■ Task instructions
Start at the line holding "buffer_init-IsValid mgmt_wbuf (replicate". Write out that line and each one after it to the end of the data, unchanged.

■ Available records
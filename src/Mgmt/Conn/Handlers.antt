-- ===== src/Mgmt/Conn/Handlers.antt =====
-- The two handlers of src/mgmt.c on a sound connection.
use tpe2026c1_socks.Users.Table
use tpe2026c1_socks.Net.{
  received, RecvFits, RecvResult, SendFits, SendResult, only_read, recv_again, recv_failed,
  send_again, send_failed, sent_bytes,
}
use tpe2026c1_socks.Mgmt.Conn.Serve.{IsValid, InPhase}
use mathlib.Core.Bool.{false≢true}
use tpe2026c1_socks.Buffer.{Buffer, buffer_can_read, buffer_init}
use tpe2026c1_socks.Buffer.Bounds.{buffer_init-IsValid, read_count, write_count}
use tpe2026c1_socks.Buffer.Queue.{Holds, buffer_read_adv_lem, write_adv_lem}
use tpe2026c1_socks.Mgmt.Conn.{
  MgmtConn, MgmtState, after_send, mgmt_auth, mgmt_auth_reply, mgmt_done, mgmt_new, mgmt_rbuf,
  mgmt_read, mgmt_request, mgmt_response, mgmt_try_process, mgmt_wbuf, mgmt_write, take_input,
}
use tpe2026c1_socks.Mgmt.Conn.Safe.{Goes, InPhase-same, done-IsValid, stays, try_process-Goes}
use tpe2026c1_socks.Mgmt.Process.{Shared}
use tpe2026c1_socks.Prelude.{
  Bool, Bool-cases, Bytes, Option, ap, arith, false, if◌then◌else◌, inl, inr, length,
  length-replicate, refl, replicate, some, sym, true, ℕ, ◌-◌, ◌==◌, ◌∙◌, ◌≡◌,
}
use tpe2026c1_socks.Prelude.Memory.{store_in}

-- The connection whose read buffer holds the bytes received.
received_into :
    {c : MgmtConn} {g : Shared} {rb : Buffer} {q : Bytes}
    → Holds c.rbuf rb q
    → IsValid c g
    → IsValid (record c { rbuf = rb }) g
received_into {c} {rb = rb} k v = record {
  rbuf = k.valid;
  wbuf = v.wbuf;
  rlimit = k.limit ∙ v.rlimit;
  wlimit = v.wlimit;
  users = v.users;
  phase = InPhase-same c (record c { rbuf = rb }) c.state refl refl refl v.phase;
}

sent_from :
    {c : MgmtConn} {g : Shared} {wb : Buffer} {q : Bytes}
    → Holds c.wbuf wb q
    → IsValid c g
    → IsValid (record c { wbuf = wb }) g
sent_from {c} {wb = wb} k v = record {
  rbuf = v.rbuf;
  wbuf = k.valid;
  rlimit = v.rlimit;
  wlimit = k.limit ∙ v.wlimit;
  users = v.users;
  phase = InPhase-same c (record c { wbuf = wb }) c.state refl refl refl v.phase;
}

take_input-Goes :
    (c : MgmtConn) (g : Shared) (result : RecvResult)
    → IsValid c g
    → RecvFits (c.rbuf.limit - c.rbuf.write) result
    → Goes c g (take_input c g c.rbuf.write result)
unfolding take_input
take_input-Goes c g recv_again v f = stays c c v
take_input-Goes c g recv_failed v f = stays c (mgmt_done c) (done-IsValid v)
take_input-Goes c g (received bs) v f = elim (Bool-cases (length bs == 0)) [
  | inl ends ↦ rw ends (stays c (mgmt_done c) (done-IsValid v))
  | inr some_more ↦
      let (rb, e, k, _) = write_adv_lem bs v.rbuf (omega (arith, v.rbuf, f.0)) in
      let s = store_in c.rbuf.storage c.rbuf.write bs (omega (arith, v.rbuf, f.0)) in
      rw (some_more, s, e) (try_process-Goes (record c { rbuf = rb }) g (received_into k v))
]

-- `mgmt_read` on a sound connection, whatever `recv` returns, does not abort and leaves a sound
-- connection; the globals change only if the connection had authenticated.
pub mgmt_read_lem :
    (c : MgmtConn) (g : Shared) (result : RecvResult)
    → IsValid c g
    → RecvFits (c.rbuf.limit - c.rbuf.write) result
    → Goes c g (mgmt_read c g result)
unfolding mgmt_read
mgmt_read_lem c g result v f = elim (Bool-cases ((c.rbuf.limit - c.rbuf.write) == 0)) [
  | inl full ↦ rw (write_count v.rbuf, full) (stays c (mgmt_done c) (done-IsValid v))
  | inr room ↦ rw (write_count v.rbuf, room) (take_input-Goes c g result v f)
]

-- A handler that sends is registered only behind an answer, and so only an authenticated
-- connection goes on to requests.
sending_auth :
    (c : MgmtConn) (s : MgmtState)
    → InPhase s c
    → c.interest.op_write ≡ true
    → c.close_after_write ≡ false
    → c.auth_ok ≡ true
sending_auth c mgmt_auth h i w = absurd (false≢true (sym (ap (λ t. t.op_write) h.1) ∙ i))
sending_auth c mgmt_auth_reply h i w = ground arith
sending_auth c mgmt_request h i w = h.0
sending_auth c mgmt_response h i w = h.0

choice-Goes :
    (c : MgmtConn) (g : Shared) (b : Bool) (x y : Option (MgmtConn × Shared))
    → (b ≡ true → Goes c g x)
    → (b ≡ false → Goes c g y)
    → Goes c g (if b then x else y)
choice-Goes c g true x y h k = h refl
choice-Goes c g false x y h k = k refl

again-IsValid :
    (c : MgmtConn) (g : Shared)
    → c.auth_ok ≡ true
    → c.close_after_write ≡ false
    → IsValid c g
    → IsValid (record c { state = mgmt_request; interest = only_read }) g
again-IsValid c g ok keeps v = record {
  rbuf = v.rbuf;
  wbuf = v.wbuf;
  rlimit = v.rlimit;
  wlimit = v.wlimit;
  users = v.users;
  phase = (ok, keeps, refl);
}

after_send-Goes :
    (c : MgmtConn) (g : Shared)
    → IsValid c g
    → c.interest.op_write ≡ true
    → Goes c g (after_send c g)
unfolding after_send
after_send-Goes c g v i =
    let again : MgmtConn = record c { state = mgmt_request; interest = only_read } in
    let next : Option (MgmtConn × Shared) = mgmt_try_process again g in
    choice-Goes c g (buffer_can_read c.wbuf) (some (c, g))
      (if c.close_after_write then some (mgmt_done c, g) else next) (λ _. stays c c v)
      (λ _.
        choice-Goes c g c.close_after_write (some (mgmt_done c, g)) next
          (λ _. stays c (mgmt_done c) (done-IsValid v))
          (λ keeps.
            try_process-Goes again g
              (again-IsValid c g (sending_auth c c.state v.phase i keeps) keeps v)))

-- `mgmt_write` on a sound connection with an answer to send, whatever `send` returns, does not
-- abort and leaves a sound connection; the globals change only if the connection had
-- authenticated.
pub mgmt_write_lem :
    (c : MgmtConn) (g : Shared) (result : SendResult)
    → IsValid c g
    → c.interest.op_write ≡ true
    → SendFits (c.wbuf.write - c.wbuf.read) result
    → Goes c g (mgmt_write c g result)
unfolding mgmt_write
mgmt_write_lem c g send_again v i f = rw (read_count v.wbuf) (stays c c v)
mgmt_write_lem c g send_failed v i f =
    rw (read_count v.wbuf) (stays c (mgmt_done c) (done-IsValid v))
mgmt_write_lem c g (sent_bytes w) v i f =
    let (wb, e, k) = buffer_read_adv_lem w v.wbuf f in
    rw (read_count v.wbuf, e) (after_send-Goes (record c { wbuf = wb }) g (sent_from k v) i)

pub mgmt_new-IsValid : (g : Shared) → Table.IsValid g.users → IsValid mgmt_new g
unfolding mgmt_new
mgmt_new-IsValid g u = record {
  rbuf =
      buffer_init-IsValid mgmt_rbuf (replicate mgmt_rbuf 0)
        (omega (arith, length-replicate {A = ℕ} mgmt_rbuf 0)) (omega arith);
  wbuf =
      buffer_init-IsValid mgmt_wbuf (replicate mgmt_wbuf 0)
        (omega (arith, length-replicate {A = ℕ} mgmt_wbuf 0)) (omega arith);
  rlimit = unfold buffer_init in refl;
  wlimit = unfold buffer_init in refl;
  users = u;
  phase = (refl, refl);
}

■ The answer
      buffer_init-IsValid mgmt_wbuf (replicate mgmt_wbuf 0)
        (omega (arith, length-replicate {A = ℕ} mgmt_wbuf 0)) (omega arith);
  rlimit = unfold buffer_init in refl;
  wlimit = unfold buffer_init in refl;
  users = u;
  phase = (refl, refl);
}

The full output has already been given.